I understand that it is a broad title, but that is exactly what I mean. I need a stage tech that can work with audio, lighting, set, management, video, ect. We are a very understaffed facility and finally they are allowing me to get a stage technician. I originally set the job description as Assistant Technical Director but HR changed it Stage Technician. Right now my crew basically consist of Financial Aid students who can do basic labor for me. Most of the time my operating crew consist of volunteers supplied by the client unless they will pay for me to bring in operators which is few and far between, so flexibility and being able multitask is a must.


----------



## lapro63139 (Jan 16, 2015)

ScottT said:


> From Google:
> "You are shrunk to the height of a nickel and your mass is proportionally reduced so as to maintain your original density. You are then thrown into an empty glass blender. The blades will start moving in 60 seconds. What do you do?"
> 
> It is an odd question though (there is no right or wrong answer in Google's mind), and it's used to judge the creativity of the applicant.
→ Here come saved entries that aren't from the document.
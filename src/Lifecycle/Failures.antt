-- ===== src/Lifecycle/Failures.antt =====
-- The failures that Start meets, and what it leaves behind the store.
use k8spodlogreceiver.Prelude.{
  ◌≡◌, inl, inr, Bool, true, false, not, Option, none, some, List, [], ◌∷◌, ◌++◌, map, arith,
  if◌then◌else◌, Bool-cases, Option-cases, is_some, Bytes, bytes_eq,
}
use k8spodlogreceiver.Discovery.{watched_namespaces}
use k8spodlogreceiver.Cursor.Store.Persistence.{readable}
use k8spodlogreceiver.Config.{Config}
use k8spodlogreceiver.Cursor.Store.{Read, Cursors}
use k8spodlogreceiver.Lifecycle.{
  connect, pod_handler, Worker, Error, flushes_cursors, prunes_cursors, clientset_refused,
  other_extension, client_refused, http_client_refused, cancelled, settings_of, discovery_refused,
  not_made, rest_config_refused, not_storage, discovers, run_workers, storage_extension, Process,
  live, lookup, Host, start_discovery, storage_not_configured, Extension, Context,
}
use k8spodlogreceiver.Discovery.Informers
use k8spodlogreceiver.Discovery.Starting
use k8spodlogreceiver.Discovery.Starting.{first_refusal}
use k8spodlogreceiver.Cursor.Store

-- What the configured storage extension's client holds, if there is such a client.
abbrev pub held_by : Extension → Option Read
held_by other_extension = none
held_by (storage_extension stored) = stored

abbrev pub held_in : Option Bytes → List (Bytes × Extension) → Option Read
held_in none extensions = none
held_in (some id) extensions = elim (lookup id extensions) [ none ↦ none | some ext ↦ held_by ext ]

-- The positions that the storage holds: none where there is no storage or no readable value.
abbrev pub held : (Bytes → Option Cursors) → Option Read → Cursors
held decode none = []
held decode (some stored) = readable decode true stored

-- Why the storage cannot be used, if a storage is configured.
abbrev pub extension_failure : Bytes → Option Extension → Option Error
extension_failure id none = some (storage_not_configured id)
extension_failure id (some other_extension) = some (not_storage id)
extension_failure id (some (storage_extension none)) = some client_refused
extension_failure id (some (storage_extension (some stored))) = none

abbrev pub storage_failure : Option Bytes → List (Bytes × Extension) → Option Error
storage_failure none extensions = none
storage_failure (some id) extensions = extension_failure id (lookup id extensions)

-- Why pod discovery cannot be started: the first informer that is refused.
abbrev pub discovery_failure : Config → Host → Option Error
discovery_failure cfg host = elim (first_refusal host.set_up (watched_namespaces cfg.namespaces)) [
  | none ↦ none
  | some e ↦ some (discovery_refused e)
]

-- The first of the failures that there is.
abbrev pub first_of : List (Option Error) → Option Error
first_of [] = none
first_of (none ∷ fs) = first_of fs
first_of (some e ∷ fs) = some e

abbrev pub unless : Bool → Error → Option Error
unless true e = none
unless false e = some e

abbrev pub kube_failure : Config → Host → Option Error
kube_failure cfg host = first_of (
    unless host.rest_config rest_config_refused
    ∷ unless host.http_client http_client_refused
    ∷ unless host.clientset clientset_refused
    ∷ discovery_failure cfg host
    ∷ [])

abbrev pub failure : Config → Host → Option Error
failure cfg host =
    first_of (storage_failure cfg.storage_id host.extensions ∷ kube_failure cfg host ∷ [])

-- An informer for each watched namespace, the wait for their listing, the pruning, and, where there
-- is a storage client, the flushing.
abbrev pub all_workers : Config → Bool → List Worker
all_workers cfg persists =
    map discovers (Starting.all_workers (settings_of cfg))
    ++ prunes_cursors ∷ (if persists then flushes_cursors ∷ [] else [])

abbrev pub is_live : Context → Bool
is_live live = true
is_live not_made = false
is_live cancelled = false

-- What a start from `p` gives and leaves, by the failure that it meets.
pub record StartOutcome (cfg : Config) (persists : Bool) (p q : Process) (e f : Option Error)
    : Type 0 where
  pub fails : e ≡ f
  pub workers_are : q.workers ≡ elim f [ none ↦ all_workers cfg persists | some e ↦ p.workers ]
  pub runs : is_live q.context ≡ not (is_some f)

pub discovery_started :
    (cfg : Config) (host : Host)
    → Informers.start (settings_of cfg) pod_handler host.set_up
      ≡ Starting.outcome
          (first_refusal host.set_up (watched_namespaces cfg.namespaces))
          (Starting.all_workers (settings_of cfg))
discovery_started cfg host = Starting.start-failure (settings_of cfg) pod_handler host.set_up

start_discovery-StartOutcome :
    (cfg : Config) (host : Host) (p : Process)
    → let (q, e) = start_discovery cfg host p in
      StartOutcome cfg (Store.persists p.receiver.cursors) p q e (discovery_failure cfg host)
unfolding start_discovery run_workers
start_discovery-StartOutcome cfg host p = record {
  fails = ground (
    arith,
    discovery_started cfg host,
    Option-cases (first_refusal host.set_up (watched_namespaces cfg.namespaces)),
  );
  workers_are = ground (
    arith,
    discovery_started cfg host,
    Option-cases (first_refusal host.set_up (watched_namespaces cfg.namespaces)),
  );
  runs = ground (
    arith,
    discovery_started cfg host,
    Option-cases (first_refusal host.set_up (watched_namespaces cfg.namespaces)),
  );
}

pub connect-StartOutcome :
    (cfg : Config) (host : Host) (p : Process)
    → is_live p.context ≡ false
    → let (q, e) = connect cfg host p in
      StartOutcome cfg (Store.persists p.receiver.cursors) p q e (kube_failure cfg host)
unfolding connect
connect-StartOutcome cfg host p h = elim (Bool-cases host.rest_config) [
  | inr x ↦ ground (arith, x, h)
  | inl x ↦ elim (Bool-cases host.http_client) [
    | inr y ↦ ground (arith, x, y, h)
    | inl y ↦ elim (Bool-cases host.clientset) [
      | inr z ↦ ground (arith, x, y, z, h)
      | inl z ↦ ground (
        arith,
        x,
        y,
        z,
        start_discovery-StartOutcome cfg host (record p { http_client = true; clientset = true }),
      )
    ]
  ]
]
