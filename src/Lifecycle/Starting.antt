-- ===== src/Lifecycle/Starting.antt =====
-- What Start leaves on every branch.
use k8spodlogreceiver.Prelude.{
  ◌≡◌, refl, sym, ap, ◌∙◌, inl, inr, true, false, not, Option, none, some, List, arith,
  Option-cases, is_some, Bytes, bytes_eq,
}
use k8spodlogreceiver.Cursor.Store.Persistence.{load_exact, DecodesToMaps, has_client-load}
use k8spodlogreceiver.Lifecycle.Failures.{
  connect-StartOutcome, kube_failure, StartOutcome, discovery_failure, held, discovery_started,
  is_live, held_in, storage_failure,
}
use k8spodlogreceiver.Receiver.{cursor_for}
use k8spodlogreceiver.Cursor.Store.{failed, Read, Cursors}
use k8spodlogreceiver.Lifecycle.{
  pod_uid_from_stream_key, storage_extension, lookup, Error, run_workers, Process, Host, Config,
  client_of, start_discovery, connect, Extension, use_storage, open_storage,
}
use k8spodlogreceiver.Discovery.Starting
use k8spodlogreceiver.Lifecycle.{start, other_extension, storage_extension}
use k8spodlogreceiver.Lifecycle.Failures.{failure}
use k8spodlogreceiver.Cursor.Store
use mathlib.Core.Path.{subst}

open_storage-exact :
    (id : Option Bytes) (extensions : List (Bytes × Extension))
    → open_storage id extensions
      ≡ Starting.outcome (storage_failure id extensions) (held_in id extensions)
unfolding open_storage client_of
open_storage-exact none extensions = refl
open_storage-exact (some id) extensions = elim (Option-cases (lookup id extensions)) [
  | inl e ↦ ground (arith, e)
  | inr (other_extension, e) ↦ ground (arith, e)
  | inr (storage_extension none, e) ↦ ground (arith, e)
  | inr (storage_extension (some r), e) ↦ ground (arith, e)
]

held-client :
    (id : Option Bytes) (extensions : List (Bytes × Extension))
    → storage_failure id extensions ≡ none
    → is_some (held_in id extensions) ≡ is_some id
held-client none extensions h = refl
held-client (some id) extensions h = elim (Option-cases (lookup id extensions)) [
  | inl e ↦ ground (arith, e, h)
  | inr (other_extension, e) ↦ ground (arith, e, h)
  | inr (storage_extension none, e) ↦ ground (arith, e, h)
  | inr (storage_extension (some r), e) ↦ ground (arith, e, h)
]

receiver-connect :
    (cfg : Config) (host : Host) (p : Process) → (connect cfg host p).0.receiver ≡ p.receiver
unfolding connect start_discovery run_workers
receiver-connect cfg host p =
    ground (arith, discovery_started cfg host, Option-cases (discovery_failure cfg host))

persists-use_storage :
    (decode : Bytes → Option Cursors) (client : Option Read) (p : Process)
    → Store.persists (use_storage decode client p).receiver.cursors ≡ is_some client
unfolding use_storage Store.persists Store.new_store
persists-use_storage decode client p = has_client-load decode _ _

cursor_for-use_storage :
    (decode : Bytes → Option Cursors) (client : Option Read) (p : Process) (key : Bytes)
    → DecodesToMaps decode
    → cursor_for (use_storage decode client p).receiver key
      ≡ Store.cursor_at key (held decode client)
unfolding use_storage cursor_for Store.new_store Store.get
cursor_for-use_storage decode none p key d =
    load_exact decode (Store.new_store false pod_uid_from_stream_key) failed key d
cursor_for-use_storage decode (some r) p key d =
    load_exact decode (Store.new_store true pod_uid_from_stream_key) r key d

-- The receiver after a start from `p` that gave `e`.
pub record Started (decode : Bytes → Option Cursors) (cfg : Config) (host : Host) (p q : Process)
    (e : Option Error) : Type 0 where
  pub outcome : StartOutcome cfg (is_some cfg.storage_id) p q e (failure cfg host)
  pub positions :
      (key : Bytes)
      → e ≡ none
      → cursor_for q.receiver key
        ≡ Store.cursor_at key (held decode (held_in cfg.storage_id host.extensions))
  pub persists_if : e ≡ none → Store.persists q.receiver.cursors ≡ is_some cfg.storage_id

start-connect :
    (decode : Bytes → Option Cursors) (cfg : Config) (host : Host) (p : Process)
    → storage_failure cfg.storage_id host.extensions ≡ none
    → start decode cfg host p
      ≡ connect cfg host (use_storage decode (held_in cfg.storage_id host.extensions) p)
unfolding start
start-connect decode cfg host p f =
    ground (arith, open_storage-exact cfg.storage_id host.extensions, f)

start-fails :
    (decode : Bytes → Option Cursors) (cfg : Config) (host : Host) (p : Process) (e : Error)
    → storage_failure cfg.storage_id host.extensions ≡ some e
    → start decode cfg host p ≡ (p, some e)
unfolding start
start-fails decode cfg host p e f =
    ground (arith, open_storage-exact cfg.storage_id host.extensions, f)

failure-kube :
    (cfg : Config) (host : Host)
    → storage_failure cfg.storage_id host.extensions ≡ none
    → failure cfg host ≡ kube_failure cfg host
failure-kube cfg host f = ground (arith, f, Option-cases (kube_failure cfg host))

workers-use_storage :
    (decode : Bytes → Option Cursors) (client : Option Read) (p : Process)
    → (use_storage decode client p).workers ≡ p.workers
unfolding use_storage
workers-use_storage decode client p = refl

context-use_storage :
    (decode : Bytes → Option Cursors) (client : Option Read) (p : Process)
    → (use_storage decode client p).context ≡ p.context
unfolding use_storage
context-use_storage decode client p = refl

connect-Started :
    (decode : Bytes → Option Cursors) (cfg : Config) (host : Host) (p : Process)
    → is_live p.context ≡ false
    → DecodesToMaps decode
    → storage_failure cfg.storage_id host.extensions ≡ none
    → let (q, e) =
        connect cfg host (use_storage decode (held_in cfg.storage_id host.extensions) p) in
      Started decode cfg host p q e
connect-Started decode cfg host p h d f = record {
  outcome = record {
    fails = o.fails ∙ sym (failure-kube cfg host f);
    workers_are =
        o.workers_are
        ∙ ground (
          arith,
          failure-kube cfg host f,
          persists-use_storage decode client p,
          workers-use_storage decode client p,
          held-client cfg.storage_id host.extensions f,
          Option-cases (kube_failure cfg host),
        );
    runs = o.runs ∙ sym (ap (λ x. not (is_some x)) (failure-kube cfg host f));
  };
  positions = λ key z.
      ap (λ r. cursor_for r key) (receiver-connect cfg host _)
      ∙ cursor_for-use_storage decode client p key d;
  persists_if = λ z.
      ap (λ r. Store.persists r.cursors) (receiver-connect cfg host _)
      ∙ persists-use_storage decode client p
      ∙ held-client cfg.storage_id host.extensions f;
}
  where
    client : Option Read
    client = held_in cfg.storage_id host.extensions

    o :
        let (q, e) = connect cfg host (use_storage decode client p) in
        StartOutcome cfg
          (Store.persists (use_storage decode client p).receiver.cursors)
          (use_storage decode client p)
          q
          e
          (kube_failure cfg host)
    o =
        connect-StartOutcome cfg host (use_storage decode client p)
          (ap is_live (context-use_storage decode client p) ∙ h)

-- Start of a receiver whose run context is not live, with a decoder of the stored text that yields
-- no key twice. The error is the first of those that the host gives rise to: the storage
-- extension's, the client configuration's, the HTTP client's, the clientset's, and that of the
-- first informer which cannot be set up. On an error, no goroutine is added and the run context is
-- not live. Else the run context is live, there are one informer for each watched namespace, the
-- wait for their listing, the pruning, and the flushing exactly where a storage is configured,
-- positions are persisted exactly there too, and every container stands where the storage holds it,
-- or at the zero cursor where it holds nothing readable.
pub start-Started :
    (decode : Bytes → Option Cursors) (cfg : Config) (host : Host) (p : Process)
    → is_live p.context ≡ false
    → DecodesToMaps decode
    → let (q, e) = start decode cfg host p in Started decode cfg host p q e
start-Started decode cfg host p h d =
    elim (Option-cases (storage_failure cfg.storage_id host.extensions)) [
      | inl f ↦
          subst (λ x. Started decode cfg host p x.0 x.1) (sym (start-connect decode cfg host p f))
            (connect-Started decode cfg host p h d f)
      | inr (x, f) ↦
          subst (λ y. Started decode cfg host p y.0 y.1) (sym (start-fails decode cfg host p x f))
            (record {
              outcome = ground (arith, f, h);
              positions = λ key z. absurd (ground (arith, z));
              persists_if = λ z. absurd (ground (arith, z));
            })
    ]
If I was the height of a nickle and was in a blender? My answer based solely on the fact that there is nothing in the blender with me . I would duck.


----------



## robartsd (Jan 16, 2015)

lapro63139 said:


> If I was the height of a nickle and was in a blender? My answer based solely on the fact that there is nothing in the blender with me . I would duck.


I agree with your answer (actually I'd probably lie down). I'd also be worried about the aerodynamics of the blade moving through the air, so I'd be looking for handholds and probably preferring to be as close to the center as practical because the speed would be the lowest there. After finding as secure a position as I could, I'd probably start to worry about the person who started the blender adding things to it.


----------



## gafftaper (Jan 16, 2015)

Try some equipment specific questions: 
We have an ETC Element can you show me how to write a cue on it? If you don't know that specific board, what would you look for?
We have a GLD 80 mixer can you show me how to add reverb to a microphone? If you don't know that specific board what would you look for? 
You are running sound for a small rock band performance. As sound check starts you hear a hum. Where would you first check to find the hum? What would you do to stop the hum? 
If I asked you to take an ETC Source four and bench focus it to be a flat field, what would you do? 
We have _____ follow spots. How would you go about changing the gel? If you don't know this particular fixture, what would you look for? 
You have the following microphones in your inventory to choose from__________. What would you use for a bass guitar amp? What would you use as a drum overhead?


----------



## lapro63139 (Jan 16, 2015)

gafftaper said:


> Try some equipment specific questions:
> We have an ETC Element can you show me how to write a cue on it? If you don't know that specific board, what would you look for?
> We have a GLD 80 mixer can you show me how to add reverb to a microphone? If you don't know that specific board what would you look for?
> You are running sound for a small rock band performance. As sound check starts you hear a hum. Where would you first check to find the hum? What would you do to stop the hum?
> ...


 I really like those questions. Lots to take away from your post.


----------



## porkchop (Jan 17, 2015)

When looking for lighting/electrics technicians I really like to ask "So why do 120V and 120V make 208V?" One of the hiring managers I know really likes "How do dimmers work?" Both are questions with pretty complex, multi-layer answers, and it's unlikely that the average candidate will have a good concise answer right off the top of their head. You aren't necessarily looking to get a right answer, but to shake them up a little and see how they respond.


----------



## chawalang (Jan 17, 2015)

I have actually done the same with what does DMX stand for and what is each pin on a 5 pin data cable do? Its good to see how people react on the spot to something they weren't expecting.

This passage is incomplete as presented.